加载 Hugging Face 模型配置

概述

当前 MindSpore Transformers 已支持加载 Hugging Face 的模型配置，用户可以直接加载 Hugging Face 上模型的配置，而 yaml 中只需要定义少数 MindSpore Transformers 自有的模型配置。本特性带来的好处主要如下：

降低从 Hugging Face 迁移模型的成本。用户可以直接复用社区模型的配置，而无需手动重写。
便于复现一致性。通过即插即用配置文件，保证了模型超参数（如层数、注意力头数、隐藏层大小等）与原模型保持一致。
生态复用，方便继承上下游工具链。用户可以在 Hugging Face 上下载模型配置和 Tokenizer，使用 MindSpore Transformers 进行推理或部署。也便于后续与支持 Hugging Face 格式的工具无缝对接。

使用场景

当前支持复用 Hugging Face 模型配置直接进行推理。

操作指南

准备 Hugging Face 模型配置

以 Qwen3 为例，从 Hugging Face 官网下载模型的配置文件（包括 config.json和generation.json），存放在本地文件夹./local/qwen3。

准备 yaml 配置文件

该特性只涉及模型和推理配置，相关参数如下：

pretrained_model_dir：Hugging Face 模型配置所在的目录路径；
model_config：MindSpore Transformers 自有的模型配置字段；
generation_config：文本生成相关的参数。可选配置，如需自定义则增加。其下的配置项可以参考GenerationConfig。

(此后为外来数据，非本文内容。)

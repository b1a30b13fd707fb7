-- ===== src/Asio/Icmp/Ping/Phases.antt =====
-- Where the pinger stands between two requests.
use boost.Prelude.{◌+◌, ◌≡◌, ◌≤◌, ◌<◌, ◌⊎◌, inl, inr, ℕ, List, [], ◌∷◌, ◌++◌, arith}
use boost.Asio.Icmp.Ping.{Task, timeout, sending, Pinger}

-- Where the pinger stands, by its waits and by the handlers of cancelled waits: a request is out, it
-- was answered, the next one waits for its second, or that wait was cancelled, long after the second.
unfoldable pub Phase : ℕ → Pinger → List Task → List Task → Type 0
Phase now p (timeout ∷ []) [] = (p.num_replies ≡ 0) × (p.expiry ≡ p.time_sent + 5000000)
Phase now p [] (timeout ∷ []) = 0 < p.num_replies
Phase now p (sending ∷ []) [] =
    (p.expiry ≡ p.time_sent + 1000000) × ((0 < p.num_replies) ⊎ (p.time_sent + 5000000 ≤ now))
Phase now p [] (sending ∷ []) = p.time_sent + 5000000 ≤ now
Phase now p _ _ = ⊥

-- The first reply cancels the wait.
pub first-Phase :
    (earlier now : ℕ) (p q : Pinger) (waits cancelled : List Task)
    → earlier ≤ now
    → q.time_sent ≡ p.time_sent
    → p.num_replies ≡ 0
    → 0 < q.num_replies
    → Phase earlier p waits cancelled
    → Phase now q [] (cancelled ++ waits)
unfolding Phase
first-Phase earlier now p q (timeout ∷ []) [] later same zero some x = some
first-Phase earlier now p q [] (timeout ∷ []) later same zero some x = some
first-Phase earlier now p q (sending ∷ []) [] later same zero some (expiry, inl more) =
    absurd (omega arith)
first-Phase earlier now p q (sending ∷ []) [] later same zero some (expiry, inr late) = omega arith
first-Phase earlier now p q [] (sending ∷ []) later same zero some x = omega arith
first-Phase earlier now p q _ _ later same zero some x = elim x [ ]

-- Another one does not.
pub again-Phase :
    (earlier now : ℕ) (p q : Pinger) (waits cancelled : List Task)
    → earlier ≤ now
    → q.time_sent ≡ p.time_sent
    → q.expiry ≡ p.expiry
    → 0 < p.num_replies
    → 0 < q.num_replies
    → Phase earlier p waits cancelled
    → Phase now q waits cancelled
unfolding Phase
again-Phase earlier now p q (timeout ∷ []) [] later same still more some (zero, expiry) =
    absurd (omega (arith, zero))
again-Phase earlier now p q [] (timeout ∷ []) later same still more some x = some
again-Phase earlier now p q (sending ∷ []) [] later same still more some (expiry, _) =
    (omega (arith, expiry), inl some)
again-Phase earlier now p q [] (sending ∷ []) later same still more some x = omega (arith, x)
again-Phase earlier now p q _ _ later same still more some x = elim x [ ]

pub later-Phase :
    (earlier now : ℕ) (p q : Pinger) (waits cancelled : List Task)
    → earlier ≤ now
    → q.time_sent ≡ p.time_sent
    → q.expiry ≡ p.expiry
    → q.num_replies ≡ p.num_replies
    → Phase earlier p waits cancelled
    → Phase now q waits cancelled
unfolding Phase
later-Phase earlier now p q (timeout ∷ []) [] later same still count (zero, expiry) =
    (omega (arith, zero), omega (arith, expiry))
later-Phase earlier now p q [] (timeout ∷ []) later same still count x = omega (arith, x)
later-Phase earlier now p q (sending ∷ []) [] later same still count (expiry, inl more) =
    (omega (arith, expiry), inl (omega (arith, more)))
later-Phase earlier now p q (sending ∷ []) [] later same still count (expiry, inr late) =
    (omega (arith, expiry), inr (omega (arith, late)))
later-Phase earlier now p q [] (sending ∷ []) later same still count x = omega (arith, x)
later-Phase earlier now p q _ _ later same still count x = elim x [ ]
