-- ===== src/Asio/Icmp/Ping/Runs.antt =====
-- The runs of the pinger.
use boost.Prelude.{◌≡◌, ◌≤◌, ℕ, suc, List, ◌∷◌, Bytes}
use boost.Asio.Icmp.Ping.{
  Task, timeout, sending, Pinger, start_send, handle_timeout, handle_receive, pinger,
}

-- A handler of a wait.
abbrev pub perform : ℕ → ℕ → Task → Pinger → Pinger
perform id now timeout p = handle_timeout p
perform id now sending p = start_send id now p

-- The pingers that a number of calls of handlers leads to by a time: a wait that has expired, one
-- that was cancelled, and a packet that was received.
pub data Runs (id : ℕ) : ℕ → ℕ → Pinger → Type 0 where
  created : (now : ℕ) → Runs id 0 now (pinger id now)
  expired :
      {n earlier : ℕ} {p : Pinger} (now : ℕ) (task : Task) (rest : List Task)
      → Runs id n earlier p
      → earlier ≤ now
      → p.expiry ≤ now
      → p.waits ≡ task ∷ rest
      → Runs id (suc n) now (perform id now task (record p { waits = rest }))
  aborted :
      {n earlier : ℕ} {p : Pinger} (now : ℕ) (task : Task) (rest : List Task)
      → Runs id n earlier p
      → earlier ≤ now
      → p.cancelled ≡ task ∷ rest
      → Runs id (suc n) now (perform id now task (record p { cancelled = rest }))
  received :
      {n earlier : ℕ} {p : Pinger} (now : ℕ) (packet : Bytes)
      → Runs id n earlier p
      → earlier ≤ now
      → Runs id (suc n) now (handle_receive id now packet p)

pretrained_model_dir: "./local/qwen3"
model:
  model_config:
    compute_dtype: "bfloat16"
    layernorm_compute_dtype: "float32"
    rotary_dtype: "bfloat16"
    params_dtype: "bfloat16"

若不需要复用 Hugging Face 模型配置，MindSpore Transformers 需要在 model_config 和 generation 配置所有所需字段。其中 model_type 和 architectures 为必须配置字段。

model:
  model_config:
    model_type: qwen3
    architectures: ['Qwen3ForCausalLM']
    ...
    compute_dtype: "bfloat16"
    layernorm_compute_dtype: "float32"
    rotary_dtype: "bfloat16"
    params_dtype: "bfloat16"
generation_config:
  max_length: 30
  ...

yaml 中模型配置字段优先级大于 pretrained_model_dir 中对应模型配置，因此存在相同配置字段时，yaml 中的字段会覆盖掉原有值。

拉起任务

参考使用run_mindformer.py启动推理任务。

常见问题FAQ

若不加载 Hugging Face 模型配置，model_type 和 architectures 为必须配置字段，该如何配置？

以 Qwen3 为例：

注册其模型配置类 Qwen3Config 时，若传入参数 search_names 非空，则 model_type 只需要配置为 search_names 的值即可；若未传入参数 search_names，则 model_type 配置成 Qwen3Config 即可。architectures 配置成对应的模型类名称 Qwen3ForCausalLM 即可。